Exactly reproduce the lines from the top of the entries below through the line containing "l1 ≡ (ok tt, l'))", with both ends included.

(Collected data)

-- Opening Marker --

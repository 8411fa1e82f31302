-- ===== src/ChangeSets/Commit/Ends.antt =====
-- How a call of `commit` of app/services/change_set_store.py ends.
use test_gpt_local.ChangeSets.Commit.{text_is}
use test_gpt_local.Prelude.{
  ℕ, ◌+◌, ◌≡◌, refl, sym, ap, ◌∙◌, String, Bool, true, false, ◌&&◌, List, arith, if◌then◌else◌,
  Option, none, some, inl, inr, Bool-cases,
}
use test_gpt_local.Prelude.Text.{eq_iff}
use test_gpt_local.Prelude.Result.{Result, ok, err}
use test_gpt_local.ChangeSets.State.{
  stale_workspace, validation_failed, phase_recovery_required, phase_rolled_back, recovery_needed,
  internal_error, recovery_required, committed, rolled_back, ErrorCode, Phase, applying,
  files_applied, complete, Files, Saved, Checkout, no_workspace, no_worktree, worktree, Local,
  Tools, conflict,
}
use test_gpt_local.ChangeSets.Files.{restore}
use test_gpt_local.ChangeSets.Commit.{
  Outcome, and_then, journal, on_worktree, check_patch, apply_patch, check_after, finish, attempt,
  give_up, close_undone, proven, undo_from,
}

and_then-ok :
    {m : Outcome Unit} {f : Local → Outcome Unit} {l' : Local}
    → and_then m f ≡ (ok tt, l')
    → (l1 : Local) × (m ≡ (ok tt, l1)) × (f l1 ≡ (ok tt, l'))
and_then-ok {m} {f} {l'} h = by_result m.0 m.1 f l' h
  where
    by_result :
        (r : Result ErrorCode Unit) (l1 : Local) (f : Local → Outcome Unit) (l' : Local)
        → and_then (r, l1) f ≡ (ok tt, l')
        → (l2 : Local) × (◌≡◌ {A = Outcome Unit} (r, l1) (ok tt, l2)) × (f l2 ≡ (ok tt, l'))
    by_result (ok u) l1 f l' h = (l1, refl, h)
    by_result (err e) l1 f l' h = cc (ap (λ x. x.0) h)

pub journal-ok :
    (writable : Phase → Bool) (now : ℕ) (p : Phase) (l l' : Local)
    → journal writable now p l ≡ (ok tt, l')
    → (l'.row.status ≡ l.row.status)
      × (l'.checkout ≡ l.checkout)
      × (l'.workspace_revision ≡ l.workspace_revision)
unfolding journal
journal-ok writable now p l l' h = elim (Bool-cases (writable p)) [
  | inl b ↦
      let same = ap (λ x. x.1) (rw b at h) in
      (
        ap (λ x. x.row.status) (sym same),
        ap (λ x. x.checkout) (sym same),
        ap (λ x. x.workspace_revision) (sym same),
      )
  | inr b ↦ cc (ap (λ x. x.0) (rw b at h))
]

tested :
    (b : Bool) (e : ErrorCode) (l l' : Local)
    → ◌≡◌ {A = Outcome Unit} (if b then (ok tt, l) else (err e, l)) (ok tt, l')
    → (b ≡ true) × (l' ≡ l)
tested true e l l' h = (refl, sym (ap (λ x. x.1) h))
tested false e l l' h = cc (ap (λ x. x.0) h)

pub text_is-true : (o : Option String) (s : String) → text_is o s ≡ true → o ≡ some s
text_is-true none s h = cc
text_is-true (some t) s h = ap some ((eq_iff t s).0 h)

module _ (tools : Tools) where
  -- The worktree is there, and has the tree.
  abbrev pub TreeIs : String → Checkout → Type 0
  TreeIs s c = (t : Files) × (c ≡ worktree t) × (tools.worktree_tree t ≡ some s)

  on_worktree-ok :
      (c : Checkout) (e : ErrorCode) (l : Local) (f : Files → Outcome Unit) (l' : Local)
      → on_worktree tools c (err e, l) f ≡ (ok tt, l')
      → (t : Files) × (c ≡ worktree t) × (f t ≡ (ok tt, l'))
  on_worktree-ok no_workspace e l f l' h = cc (ap (λ x. x.0) h)
  on_worktree-ok no_worktree e l f l' h = cc (ap (λ x. x.0) h)
  on_worktree-ok (worktree t) e l f l' h = (t, refl, h)

  check_after-ok :
      (after : String) (l l' : Local)
      → check_after tools after l ≡ (ok tt, l')
      → (l' ≡ l) × TreeIs after l.checkout
  unfolding check_after
  check_after-ok after l l' h =
      let (t, e, g) = on_worktree-ok l.checkout stale_workspace l _ l' h in
      let (b, same) = tested _ validation_failed l l' g in
      (same, (t, e, text_is-true (tools.worktree_tree t) after b))

  check_patch-ok :
      (patch : String) (l l' : Local) → check_patch tools patch l ≡ (ok tt, l') → l' ≡ l
  unfolding check_patch
  check_patch-ok patch l l' h =
      let (t, _, g) = on_worktree-ok l.checkout stale_workspace l _ l' h in
      (tested _ conflict l l' g).1

  apply_patch-ok :
      (patch : String) (l l' : Local)
      → apply_patch tools patch l ≡ (ok tt, l')
      → (l'.row.status ≡ l.row.status) × (l'.workspace_revision ≡ l.workspace_revision)
  unfolding apply_patch
  apply_patch-ok patch l l' h =
      let (t, _, g) = on_worktree-ok l.checkout stale_workspace l _ l' h in
      let same = ap (λ x. x.1) g in
      (ap (λ x. x.row.status) (sym same), ap (λ x. x.workspace_revision) (sym same))

  module _ (writable : Phase → Bool) (now : ℕ) where
    -- An attempt that does not raise has committed the change set, with the tree that was validated.
    pub attempt-ok :
        (patch after : String) (l l' : Local)
        → attempt tools writable now patch after l ≡ (ok tt, l')
        → (l'.row.status ≡ committed)
          × TreeIs after l'.checkout
          × (l'.workspace_revision ≡ l.workspace_revision + 1)
    unfolding attempt finish
    attempt-ok patch after l l' h =
        let (l1, a, h1) = and_then-ok h in
        let (l2, b, h2) = and_then-ok h1 in
        let (l3, c, h3) = and_then-ok h2 in
        let (l4, d, h4) = and_then-ok h3 in
        let (l5, e, h5) = and_then-ok h4 in
        let s1 = check_patch-ok patch l l1 a in
        let (_, _, r2) = journal-ok writable now applying l1 l2 b in
        let (_, r3) = apply_patch-ok patch l2 l3 c in
        let (s4, (t, k, u)) = check_after-ok after l3 l4 d in
        let (_, c5, r5) = journal-ok writable now files_applied l4 l5 e in
        let (z, c6, r6) = journal-ok writable now complete _ l' h5 in
        (
          z,
          (t, c6 ∙ (c5 ∙ (ap (λ x. x.checkout) s4 ∙ k)), u),
          r6
              ∙ ap (λ n. n + 1)
                  (r5
                    ∙ (ap (λ x. x.workspace_revision) s4
                        ∙ (r3 ∙ (r2 ∙ ap (λ x. x.workspace_revision) s1)))),
        )

    -- How the body of `except` ends: with the captured tree, or in doubt.
    pub data Undone (before : String) : ErrorCode → Outcome Unit → Type 0 where
      rolled :
          {e : ErrorCode} (e' : ErrorCode) {l : Local}
          → l.row.status ≡ rolled_back
          → TreeIs before l.checkout
          → Undone before e (err e', l)
      doubted :
          {e : ErrorCode} (e' : ErrorCode) {l : Local}
          → l.row.status ≡ recovery_required
          → Undone before e (err e', l)

    -- `_journal` keeps the status and the worktree, whether it succeeds.
    pub journal-keeps :
        (p : Phase) (l : Local)
        → ((journal writable now p l).1.row.status ≡ l.row.status)
          × ((journal writable now p l).1.checkout ≡ l.checkout)
    unfolding journal
    journal-keeps p l = elim (Bool-cases (writable p)) [
      | inl b ↦ rw b (refl, refl)
      | inr b ↦ rw b (refl, refl)
    ]

    give_up-Undone :
        (before : String) (e : ErrorCode) (l : Local)
        → Undone before e (give_up tools writable now l)
    unfolding give_up journal
    give_up-Undone before e l = elim (Bool-cases (writable phase_recovery_required)) [
      | inl b ↦ rw b (doubted recovery_needed refl)
      | inr b ↦ rw b (doubted internal_error refl)
    ]

    close_undone-Undone :
        (before : String) (e : ErrorCode) (l : Local)
        → TreeIs before l.checkout
        → Undone before e (close_undone tools writable now e l)
    unfolding close_undone journal
    close_undone-Undone before e l t = elim (Bool-cases (writable phase_rolled_back)) [
      | inl b ↦ rw b (rolled e refl t)
      | inr b ↦ rw b (rolled internal_error refl t)
    ]

    proven-Undone :
        (e : ErrorCode) (restored : Bool) (u : Files) (l : Local)
        → Undone l.row.before_tree e (proven tools writable now e restored u l)
    unfolding proven
    proven-Undone e restored u l =
        let l1 : Local = record l { checkout = worktree u } in
        elim (Bool-cases (restored && text_is (tools.worktree_tree u) l.row.before_tree)) [
          | inl b ↦ rw b (
              close_undone-Undone l.row.before_tree e l1 (
                u,
                refl,
                text_is-true (tools.worktree_tree u) l.row.before_tree (ground (arith, b)),
              ))
          | inr b ↦ rw b (give_up-Undone l.row.before_tree e l1)
        ]

    pub undo_from-Undone :
        (e : ErrorCode) (o : Option (List Saved)) (l : Local)
        → Undone l.row.before_tree e (undo_from tools writable now e o l)
    unfolding undo_from
    undo_from-Undone e none l = give_up-Undone l.row.before_tree e l
    undo_from-Undone e (some snapshot) l = at_checkout l.checkout
      where
        at_checkout :
            (c : Checkout)
            → Undone l.row.before_tree e (
                on_worktree tools c (give_up tools writable now l) (λ t.
                  proven tools writable now e
                    (restore tools snapshot t).0
                    (restore tools snapshot t).1
                    l))
        at_checkout no_workspace = give_up-Undone l.row.before_tree e l
        at_checkout no_worktree = give_up-Undone l.row.before_tree e l
        at_checkout (worktree t) = proven-Undone e _ _ l
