-- ===== src/ChangeSets/Commit/Atomic.antt =====
-- `commit` of app/services/change_set_store.py: the worktree has the tree before or the validated tree
-- after, or the change set says that it is in doubt.
use test_gpt_local.ChangeSets.Commit.{hash_or_error}
use test_gpt_local.Prelude.{
  ℕ, ◌+◌, ◌≡◌, refl, ap, subst, ◌∙◌, String, Bool, true, not, List, arith, Option, none, some, inl,
  inr, Bool-cases,
}
use test_gpt_local.Prelude.Text.{◌==◌, eq_iff}
use test_gpt_local.Prelude.Result.{Result, ok, err, raise_if, >>=-eq-ok}
use test_gpt_local.ChangeSets.State.{
  Status, opened, validated, committing, recovery_required, committed, rolled_back, expired,
  ErrorCode, Phase, commit_intent, Files, Saved, Checkout, no_workspace, no_worktree, worktree,
  Local, Tools, not_validated, conflict, invalid_state, idempotency_conflict,
}
use test_gpt_local.ChangeSets.Files.{snapshot_rollback}
use test_gpt_local.ChangeSets.Commit.{
  Outcome, journal, text_is, attempt, undo, run_patch, run_commit, tree_or_error, after_or_error,
  snapshot_or_error, differs, ready, run_ready, replay, commit,
}
use test_gpt_local.ChangeSets.Commit.Captured.{attempt-captured}
use test_gpt_local.ChangeSets.Commit.Ends.{
  TreeIs, Undone, rolled, doubted, attempt-ok, undo_from-Undone,
}

module _ (tools : Tools) where
  -- What a commit that was not refused found.
  pub record Started (digest after : String) (l : Local) : Type 0 where
    pub was_validated : l.row.status ≡ validated
    pub same_digest : text_is l.row.validated_digest digest ≡ true
    pub target : l.row.after_tree ≡ some after
    pub unchanged : TreeIs tools l.row.before_tree l.checkout

  -- The ends of a commit.
  pub data CommitEnds (digest : String) (l : Local) : Outcome Unit → Type 0 where
    replayed : l.row.status ≡ committed → CommitEnds digest l (ok tt, l)
    refused : (e : ErrorCode) → CommitEnds digest l (err e, l)
    done :
        {after : String} {l' : Local}
        → Started digest after l
        → l'.row.status ≡ committed
        → TreeIs tools after l'.checkout
        → l'.workspace_revision ≡ l.workspace_revision + 1
        → CommitEnds digest l (ok tt, l')
    undone :
        {after : String} {e : ErrorCode} {l' : Local}
        → Started digest after l
        → l'.row.status ≡ rolled_back
        → TreeIs tools l.row.before_tree l'.checkout
        → CommitEnds digest l (err e, l')
    in_doubt :
        {after : String} {e : ErrorCode} {l' : Local}
        → Started digest after l
        → l'.row.status ≡ recovery_required
        → CommitEnds digest l (err e, l')
    interrupted :
        {after : String} {e : ErrorCode} {l' : Local}
        → Started digest after l
        → l'.row.status ≡ committing
        → l'.checkout ≡ l.checkout
        → CommitEnds digest l (err e, l')

  pub ready-Started :
      (digest : String) (expected : Option String) (l : Local) (after : String)
      (snapshot : List Saved)
      → l.row.status ≡ validated
      → ready tools digest expected l ≡ ok (after, snapshot)
      → Started digest after l
        × ((t : Files) × (l.checkout ≡ worktree t)
            × (snapshot_rollback tools l.row.files t ≡ some snapshot))
  unfolding ready
  ready-Started digest expected l after snapshot v h =
      let (_, a, h1) =
        >>=-eq-ok (raise_if (not (text_is l.row.validated_digest digest)) not_validated) _ h in
      let (x, b, h2) = >>=-eq-ok (after_or_error tools l.row.after_tree) _ h1 in
      let (_, _, h3) =
        >>=-eq-ok (raise_if (differs tools expected l.row.before_tree) conflict) _ h2 in
      let (t, d, h4) = >>=-eq-ok (tree_or_error tools l.checkout) _ h3 in
      let (actual, g, h4') = >>=-eq-ok (hash_or_error tools (tools.worktree_tree t)) _ h4 in
      let (_, e, h5) = >>=-eq-ok (raise_if (not (actual == l.row.before_tree)) conflict) _ h4' in
      let (s, f, h6) =
        >>=-eq-ok (snapshot_or_error tools (snapshot_rollback tools l.row.files t)) _ h5 in
      let c = checkout_is l.checkout t d in
      (
        record {
          was_validated = v;
          same_digest = ground (arith, a);
          target = target_is l.row.after_tree x b ∙ ap some (result_first h6);
          unchanged = (
            t,
            c,
            hash_is (tools.worktree_tree t) actual g
                ∙ ap some ((eq_iff actual l.row.before_tree).0 (ground (arith, e))),
          );
        },
        (t, c, snapshot_is _ s f ∙ ap some (result_second h6)),
      )
    where
      checkout_is : (c : Checkout) (t : Files) → tree_or_error tools c ≡ ok t → c ≡ worktree t
      checkout_is no_workspace t h = cc
      checkout_is no_worktree t h = cc
      checkout_is (worktree u) t h = cc

      hash_is : (o : Option String) (x : String) → hash_or_error tools o ≡ ok x → o ≡ some x
      hash_is none x h = cc
      hash_is (some y) x h = cc

      target_is : (o : Option String) (x : String) → after_or_error tools o ≡ ok x → o ≡ some x
      target_is none x h = cc
      target_is (some y) x h = ground (arith, h)

      snapshot_is :
          (o : Option (List Saved)) (s : List Saved) → snapshot_or_error tools o ≡ ok s → o ≡ some s
      snapshot_is none s h = cc
      snapshot_is (some r) s h = cc

      result_first :
          {a b : String} {s u : List Saved}
          → ◌≡◌ {A = Result ErrorCode (String × List Saved)} (ok (a, s)) (ok (b, u))
          → a ≡ b
      result_first h = cc

      result_second :
          {a b : String} {s u : List Saved}
          → ◌≡◌ {A = Result ErrorCode (String × List Saved)} (ok (a, s)) (ok (b, u))
          → s ≡ u
      result_second h = cc

  module _ (writable : Phase → Bool) (now : ℕ) where
    undo-Ends :
        (digest after : String) (l l1 : Local) (o : Outcome Unit)
        → Started digest after l
        → l1.row.before_tree ≡ l.row.before_tree
        → o.1.row.before_tree ≡ l1.row.before_tree
        → ((l' : Local)
            → o ≡ (ok tt, l')
            → (l'.row.status ≡ committed)
              × TreeIs tools after l'.checkout
              × (l'.workspace_revision ≡ l.workspace_revision + 1))
        → CommitEnds digest l (undo tools writable now o)
    unfolding undo
    undo-Ends digest after l l1 (ok u, l') s a b k = let (x, y, z) = k l' refl in done s x y z
    undo-Ends digest after l l1 (err e, l2) s a b k =
        from (undo_from-Undone tools writable now e l2.directory.rollback l2)
      where
        from :
            {o : Outcome Unit}
            → Undone tools writable now l2.row.before_tree e o
            → CommitEnds digest l o
        from (rolled e' {l = l3} r t) =
            undone s r (subst (λ x. TreeIs tools x l3.checkout) (b ∙ a) t)
        from (doubted e' r) = in_doubt s r

    run_patch-Ends :
        (digest after : String) (l l1 : Local) (o : Option String)
        → Started digest after l
        → l1.row.status ≡ committing
        → l1.checkout ≡ l.checkout
        → l1.row.before_tree ≡ l.row.before_tree
        → l1.workspace_revision ≡ l.workspace_revision
        → CommitEnds digest l (run_patch tools writable now after o l1)
    unfolding run_patch
    run_patch-Ends digest after l l1 none s a b c r = interrupted s a b
    run_patch-Ends digest after l l1 (some patch) s a b c r =
        undo-Ends digest after l l1 (attempt tools writable now patch after l1) s c
          (ap (λ x. x.1) (attempt-captured tools writable now patch after l1))
          (λ l' e.
            let (x, y, z) = attempt-ok tools writable now patch after l1 l' e in
            (x, y, z ∙ ap (λ n. n + 1) r))

    run_commit-Ends :
        (digest after : String) (l : Local) (snapshot : List Saved)
        → Started digest after l
        → CommitEnds digest l (run_commit tools writable now after snapshot l)
    unfolding run_commit journal
    run_commit-Ends digest after l snapshot s = elim (Bool-cases (writable commit_intent)) [
      | inl b ↦ rw b (run_patch-Ends digest after l _ l.directory.final_patch s refl refl refl refl)
      | inr b ↦ rw b (interrupted s refl refl)
    ]

    -- However a commit of a change set ends: it was committed before and nothing changes; it is refused
    -- and nothing changes; or it was validated with that digest on an unchanged worktree, and then it is
    -- committed, with the validated tree and the next revision of the workspace; or it is rolled back,
    -- with the captured tree; or recovery is required; or it stopped before the patch was tried, with the
    -- worktree as it was.
    pub commit-CommitEnds :
        (digest : String) (expected : Option String) (l : Local)
        → CommitEnds digest l (commit tools writable digest expected now l)
    unfolding commit
    commit-CommitEnds digest expected l = by_status l.row.status refl
      where
        by_ready :
            l.row.status ≡ validated
            → (r : Result ErrorCode (String × List Saved)) → ready tools digest expected l ≡ r
            → CommitEnds digest l (run_ready tools writable now l r)
        by_ready v (err e) h = refused e
        by_ready v (ok (after, snapshot)) h =
            run_commit-Ends digest after l snapshot
              (ready-Started digest expected l after snapshot v h).0

        by_status :
            (s : Status)
            → l.row.status ≡ s
            → CommitEnds digest l (elim s [
              | committed ↦ replay tools digest l
              | validated ↦ run_ready tools writable now l (ready tools digest expected l)
              | opened ↦ (err not_validated, l)
              | _ ↦ (err invalid_state, l)
            ])
        by_status opened e = refused not_validated
        by_status validated e = by_ready e _ refl
        by_status committing e = refused invalid_state
        by_status recovery_required e = refused invalid_state
        by_status committed e = elim (Bool-cases (text_is l.row.validated_digest digest)) [
          | inl b ↦ rw b (replayed e)
          | inr b ↦ rw b (refused idempotency_conflict)
        ]
        by_status rolled_back e = refused invalid_state
        by_status expired e = refused invalid_state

-- Closing Marker --

ANSWER TO THIS TASK >>
repository 8411fa1e82f31302
-- ===== src/ChangeSets/Commit/Ends.antt =====
-- How a call of `commit` of app/services/change_set_store.py ends.
use test_gpt_local.ChangeSets.Commit.{text_is}
use test_gpt_local.Prelude.{
  ℕ, ◌+◌, ◌≡◌, refl, sym, ap, ◌∙◌, String, Bool, true, false, ◌&&◌, List, arith, if◌then◌else◌,
  Option, none, some, inl, inr, Bool-cases,
}
use test_gpt_local.Prelude.Text.{eq_iff}
use test_gpt_local.Prelude.Result.{Result, ok, err}
use test_gpt_local.ChangeSets.State.{
  stale_workspace, validation_failed, phase_recovery_required, phase_rolled_back, recovery_needed,
  internal_error, recovery_required, committed, rolled_back, ErrorCode, Phase, applying,
  files_applied, complete, Files, Saved, Checkout, no_workspace, no_worktree, worktree, Local,
  Tools, conflict,
}
use test_gpt_local.ChangeSets.Files.{restore}
use test_gpt_local.ChangeSets.Commit.{
  Outcome, and_then, journal, on_worktree, check_patch, apply_patch, check_after, finish, attempt,
  give_up, close_undone, proven, undo_from,
}

and_then-ok :
    {m : Outcome Unit} {f : Local → Outcome Unit} {l' : Local}
    → and_then m f ≡ (ok tt, l')
    → (l1 : Local) × (m ≡ (ok tt, l1)) × (f l1 ≡ (ok tt, l'))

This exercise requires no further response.